We boarded the ferry and went for a ride. The ferry ride is 38 hours long. This is not exactly a cruise ship. Until the Trans Labrador Highway opened there was little reason for tourists to travel up this far. There were only about twenty five passengers on the ferry. My best guess is that there were six other people on the ferry that were on vacation. The other passengers were either headed home or were hired to work up there for the summer.

This was the first trip for the ferry this year so we were the first riders to take this trip this year and this millennium. I like the fact that the first bikes were Harleys. Based on conversations with people in Goose Bay, we were the first motorcycle riders to ride the Trans Labrador Highway this year, and the first Harley Riders to ever do it. If other Harley Riders made the trip, I would love to hear their stories.

The accommodations on the ship are fine but there is not much to do. We had a small berth with bunk beds. Our view out the window was of the ocean. Nothing like waking up, looking out your window and seeing icebergs. The only amusement was a small lounge with a bar that was open in the evening and two television rooms where you can watch an endless stream of video tapes.

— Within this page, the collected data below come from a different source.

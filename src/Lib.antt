-- ===== src/Lib.antt =====
-- The verification library of Stulp, a controller for the home whose apps are separate programs.
--
-- The parts that are modelled, and how they meet:
-- * Slots (crates/core/src/slots.rs): all state of the platform is one document. It is written in
--   turn into one of two slots, each with a generation and a checksum. Slots/Codec.antt has
--   `checksum`, `encode`, `decode` and `select`; Slots/Files.antt has `Files::open` and `Files::save`
--   over a `Backend`, whose reads and writes may fail. RoundTrip, Torn and Selection are about the
--   codec, Files/Durable and Files/Reopen about the files.
-- * Flow (crates/core/src/flow.rs): a flow is a graph of cards in a JSON value, and an `Execution`
--   runs it: `next` hands out a card, `complete` and `skip` take the answer and queue what follows.
--   Flow.antt has these over accessors of JSON values, which are a parameter; Flow/Queue and
--   Flow/Once are about the queue and about whole sequences of calls.
-- * Protocol (crates/protocol): controller and app speak in frames with a length in front.
--   Protocol/Decoder.antt has the incremental `Decoder` and the framing of `encode`;
--   Protocol/Session.antt has the requests in flight of crates/protocol/src/session.rs.
--   Decoder/Fragments, Decoder/RoundTrip, Session/Ownership, Session/Expiry and Session/Disconnect are
--   about them.
-- * Matter (plugins/matter): the protocols of the Matter app. Matter/Message.antt has the frames of
--   src/message.rs; a message is sealed by a cipher, an interface that promises only that it opens
--   what it sealed. Matter/Ccm.antt has the AES-CCM of src/ccm.rs over the block function of AES,
--   and Ccm/Filled fills the interface with it; Ccm/Open and Ccm/Absorb are about it.
--   Matter/Tlv.antt, Tlv/Writer.antt and Tlv/Reader.antt have the TLV encoding of src/tlv.rs, which
--   the payloads of messages are in. Tlv/Layout, Scan, Values and RoundTrip are about the two,
--   Progress about the place of the reader.
-- * Matter/Mrp (plugins/matter/src/mrp.rs): the reliability protocol. Its `Node` owns all sessions,
--   exchanges and queues. Mrp.antt has the state and the methods that open and close, Mrp/Send
--   `build`, `send`, `acknowledge` and `late_ack`, Mrp/Receive `receive`, Mrp/Tick `tick`, and
--   Mrp/Replay the window of counters. Mrp/Sound is about the states that its calls reach, Quiet,
--   Duplicate, Messages, Delivery, Window, Marked, Spent and Once about messages that come again,
--   Budget and Retry about retransmission, Interval about its times, Initiate and Forget about
--   `initiate` and `remove`.
-- * Matter/Onboarding (plugins/matter/src/onboarding.rs): the manual codes that devices are added by,
--   with the Verhoeff digit that Onboarding/Verhoeff and Onboarding/Typing are about; Check, Fields
--   and Manual are about writing a code and reading it back, Walk about the walk over its
--   extensions. Onboarding/Base38.antt has the base 38 of QR codes.
-- * Prelude and Bytes: lists over native numbers, Boolean tests, results, bits and byte orders.
--
-- How the code is read: a `struct` is a record, an `enum` a data type, `&mut self` a state that is
-- given and returned, `Result` and `Option` are values, and `?` is a bind. An integer of the source
-- is a number below its range, with the range written out where the source can leave it: checked
-- additions, shifts and casts. A signed integer is a ℤ of its own, a float its IEEE bits, a string
-- its UTF-8 bytes. `reserve` answers whether the allocator grants a size. In plugins/matter a buffer
-- has at most 65535 bytes, and its allocation is taken to succeed.
--
-- Bounds and loops: loops are structural on a list, or on a count that the source has, as the 129
-- tries of `Node::initiate`. Elsewhere there is fuel: the loops of Ccm.antt over a text take a byte
-- at least in every turn, and have as many turns as bytes; the widening of a subnormal `f32`
-- (Tlv/Reader.antt) has 24 steps, more than the 23 bits of a fraction; the walk over the
-- extensions of a code (Onboarding.antt) has one turn more than the extensions have bytes.
--
-- Not modelled: the values of `hop_types` (JSON, sockets and time of HopOS), which are another
-- project's; AES and the other cryptography of vendored crates; the trees of TLV elements; the packed
-- fields of QR codes; the handshakes; the validation of flows; the store, the controller's HTTP
-- interface, the runtime, the other plugins and the iOS app. That secrets are wiped has no place in
-- a state without memory.
pub mod Prelude
pub mod Bytes
pub mod Slots
pub mod Flow
pub mod Protocol
pub mod Matter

Occasionally the sun would break through the fog outside and we were able to watch icebergs off the deck. There was one point when I looked through the front window of the ship and saw a large iceberg. The closer we got the more frightened I became. Fortunately, the captain was better than the captain of the Titanic. We was just bringing us close to the berg so we could get a good view. There was no lack of bergs to look at. It's amazing that a hunk of ice can be so beautiful, or so deadly.

When we arrived in Goose Bay we were greeted by a steady rain. A call to Paul at Meredith H-D brought bad news. There was no way to get the part to us. The best any "overnight" shipping company could do was get us the part in one week. Most of the shipping companies consider Goose Bay to be a third world country.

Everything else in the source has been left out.